[TASK GOAL]: With the records as your source, report how many lines contain "pointer". Add no other words.

Stored data entries:

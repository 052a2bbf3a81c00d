-- ===== src/DataPlane.antt =====
-- include/chronosx/data_plane.hpp: the batch loop that parses, decides, delays, corrupts, reflects
-- and recycles received frames.
-- UMEM is a list of bytes in the state of the batch; a frame pointer is an offset into it, or none.
-- `has_umem` is `umem_base != nullptr`. The output spans are lists of their full sizes. Counters
-- wrap; the two indices are tested against a span's size before `++` and are written with `suc`.
pub mod Wheel
pub mod Placed
pub mod Step
pub mod Conservation
pub mod Counters
mod Tests
use chronos_x.Base.{
  ℕ, suc, Bool, true, false, not, ◌&&◌, ◌||◌, List, [], ◌∷◌, Option, none, some, add64, ltb, leb,
  if◌then◌else◌, set, drop, length,
}
use chronos_x.Umem.{
  PacketDescriptor, delay_ns_to_ticks, corrupt_packet_payload, descriptor_within_umem, reflect,
}
use chronos_x.Types.{PacketAction}
use chronos_x.PacketParser.{PacketView, packet_ok, parse_packet}
use chronos_x.ChaosEngine.{
  ChaosRule, ChaosDecision, decide_packet_fast, pass_decision, should_drop, should_delay,
  should_corrupt,
}
use chronos_x.TimingWheel.{TimingWheel, DelayedFrame, ScheduleStatus, scheduled, schedule}

pub record ProcessedFrame : Type 0 where
  pub frame_address : ℕ
  pub frame_length : ℕ
  pub rule_id : ℕ
  pub action : PacketAction

pub record DataPlaneBatchStats : Type 0 where
  pub packets_seen : ℕ
  pub packets_dropped : ℕ
  pub packets_delayed : ℕ
  pub packets_corrupted : ℕ
  pub packets_malformed : ℕ
  pub tx_frames : ℕ
  pub recycle_frames : ℕ
  pub schedule_failures : ℕ
  pub output_overflows : ℕ
  pub invalid_descriptors : ℕ
  pub bytes_seen : ℕ

pub record DataPlaneBatchResult : Type 0 where
  pub stats : DataPlaneBatchStats
  pub tx_count : ℕ
  pub recycle_count : ℕ

abbrev pub empty_result : DataPlaneBatchResult
empty_result = record {
  stats = record {
    packets_seen = 0;
    packets_dropped = 0;
    packets_delayed = 0;
    packets_corrupted = 0;
    packets_malformed = 0;
    tx_frames = 0;
    recycle_frames = 0;
    schedule_failures = 0;
    output_overflows = 0;
    invalid_descriptors = 0;
    bytes_seen = 0;
  };
  tx_count = 0;
  recycle_count = 0;
}

-- What a batch reads and writes besides its descriptors and rules.
pub record Batch : Type 0 where
  pub umem : List ℕ
  pub timing_wheel : TimingWheel
  pub tx_output : List ProcessedFrame
  pub recycle_output : List ProcessedFrame
  pub result : DataPlaneBatchResult

abbrev pub new_batch : List ℕ → TimingWheel → List ProcessedFrame → List ProcessedFrame → Batch
new_batch umem timing_wheel tx_output recycle_output = record {
  umem = umem;
  timing_wheel = timing_wheel;
  tx_output = tx_output;
  recycle_output = recycle_output;
  result = empty_result;
}

abbrev pub is_scheduled : ScheduleStatus → Bool
is_scheduled scheduled = true
is_scheduled _ = false

-- `++` on a counter, and the batch with other counters.
abbrev pub increment : ℕ → ℕ
increment n = add64 n 1

abbrev pub count_with : (DataPlaneBatchStats → DataPlaneBatchStats) → Batch → Batch
count_with f b = record b { result = record b.result { stats = f b.result.stats } }

unfoldable pub append_recycle : ProcessedFrame → Batch → Bool × Batch
append_recycle processed b =
    if leb (length b.recycle_output) b.result.recycle_count
    then (false, count_with (λ s. record s { output_overflows = increment s.output_overflows }) b)
    else (
      true,
      record b {
        recycle_output = set b.recycle_output b.result.recycle_count processed;
        result = record b.result {
          recycle_count = suc b.result.recycle_count;
          stats = record b.result.stats {
            recycle_frames = increment b.result.stats.recycle_frames;
          };
        };
      },
    )

-- `++result.stats.packets_dropped`, and the frame is recycled.
abbrev pub drop_frame : ProcessedFrame → Batch → Batch
drop_frame processed b =
    (append_recycle processed
      (count_with (λ s. record s { packets_dropped = increment s.packets_dropped }) b)).1

-- The frame is appended to the transmit span if that has room.
unfoldable pub append_tx : ProcessedFrame → Batch → Batch
unfolding append_recycle
append_tx processed b =
    if ltb b.result.tx_count (length b.tx_output)
    then record b {
      tx_output = set b.tx_output b.result.tx_count processed;
      result = record b.result {
        tx_count = suc b.result.tx_count;
        stats = record b.result.stats { tx_frames = increment b.result.stats.tx_frames };
      };
    }
    else drop_frame processed
        (count_with (λ s. record s { output_overflows = increment s.output_overflows }) b)

abbrev pub count_malformed : Bool → DataPlaneBatchStats → DataPlaneBatchStats
count_malformed valid s = record s {
  packets_malformed = increment s.packets_malformed;
  invalid_descriptors =
      if not valid then increment s.invalid_descriptors else s.invalid_descriptors;
}

-- The frame as the parser gets it.
abbrev pub pointer : List ℕ → Option ℕ → Option (List ℕ)
pointer umem none = none
pointer umem (some frame) = some (drop frame umem)

abbrev pub processed_frame : PacketDescriptor → ChaosDecision → ProcessedFrame
processed_frame descriptor decision = record {
  frame_address = descriptor.frame_address;
  frame_length = descriptor.frame_length;
  rule_id = decision.rule_id;
  action = decision.action;
}

-- The part of the body for a frame that is sent on: it is corrupted, where that was decided,
-- reflected and appended.
unfoldable pub forward : PacketDescriptor → Option ℕ → PacketView → ChaosDecision → Batch → Batch
unfolding corrupt_packet_payload reflect append_tx should_corrupt
forward descriptor frame packet decision b =
    let (corrupted, umem) =
      if should_corrupt decision
      then corrupt_packet_payload frame packet decision.hash b.umem
      else (false, b.umem) in
    append_tx (processed_frame descriptor decision) (
      count_with
        (λ s. record s {
          packets_corrupted =
              if corrupted then increment s.packets_corrupted else s.packets_corrupted;
        })
        (record b { umem = reflect frame descriptor.frame_length umem }))

-- `descriptor_valid`
unfoldable pub is_valid : Bool → ℕ → PacketDescriptor → Bool
unfolding descriptor_within_umem
is_valid has_umem umem_size_bytes descriptor =
    has_umem && descriptor_within_umem descriptor umem_size_bytes

-- `decision`, before the packet's fate is settled.
unfoldable pub decide : List ChaosRule → PacketView → ChaosDecision
unfolding decide_packet_fast
decide rules packet = if packet_ok packet then decide_packet_fast packet rules else pass_decision

module _ (has_umem : Bool) (umem_size_bytes : ℕ) (rules : List ChaosRule)
    (tick_ns slot_count max_frames : ℕ) where
  -- The part of the body for a frame to be delayed.
  unfoldable pub delay_frame : PacketDescriptor → ChaosDecision → Batch → Batch
  unfolding append_recycle delay_ns_to_ticks schedule
  delay_frame descriptor decision b =
      let delayed : DelayedFrame = record {
        frame_address = descriptor.frame_address;
        frame_length = descriptor.frame_length;
        rule_id = decision.rule_id;
        release_tick = 0;
      } in
      let (status, wheel) =
        schedule slot_count max_frames b.timing_wheel delayed
          (delay_ns_to_ticks decision.delay_ns tick_ns) in
      let b = record b { timing_wheel = wheel } in
      if is_scheduled status
      then count_with (λ s. record s { packets_delayed = increment s.packets_delayed }) b
      else drop_frame (processed_frame descriptor decision)
          (count_with (λ s. record s { schedule_failures = increment s.schedule_failures }) b)

  -- The body from the parsed packet and the decision on.
  unfoldable pub dispatch : PacketDescriptor → Option ℕ → PacketView → ChaosDecision → Batch → Batch
  unfolding append_recycle is_valid delay_frame forward should_drop should_delay
  dispatch descriptor frame packet decision b =
      if not (is_valid has_umem umem_size_bytes descriptor) || not (packet_ok packet)
      then drop_frame (processed_frame descriptor decision)
          (count_with (count_malformed (is_valid has_umem umem_size_bytes descriptor)) b)
      else if should_drop decision
      then drop_frame (processed_frame descriptor decision) b
      else if should_delay decision
      then delay_frame descriptor decision b
      else forward descriptor frame packet decision b

  -- The body of the loop.
  unfoldable pub process_packet : PacketDescriptor → Batch → Batch
  unfolding dispatch decide parse_packet is_valid
  process_packet descriptor b =
      let b =
        count_with
          (λ s. record s {
            packets_seen = increment s.packets_seen;
            bytes_seen = add64 s.bytes_seen descriptor.frame_length;
          })
          b in
      let frame =
        if is_valid has_umem umem_size_bytes descriptor
        then some descriptor.frame_address
        else none in
      let packet = parse_packet (pointer b.umem frame) descriptor.frame_length in
      let decision = decide rules packet in dispatch descriptor frame packet decision b

  unfoldable pub process_loop : List PacketDescriptor → Batch → Batch
  unfolding process_packet
  process_loop [] b = b
  process_loop (descriptor ∷ descriptors) b = process_loop descriptors (process_packet descriptor b)

  -- The batch's outcome: memory, wheel, spans and result.
  unfoldable pub process_packet_batch :
      List ℕ
      → List PacketDescriptor
      → TimingWheel
      → List ProcessedFrame
      → List ProcessedFrame
      → Batch
  unfolding process_loop
  process_packet_batch umem rx_descriptors timing_wheel tx_output recycle_output =
      process_loop rx_descriptors (new_batch umem timing_wheel tx_output recycle_output)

[OUTPUT OF THE TASK]: 5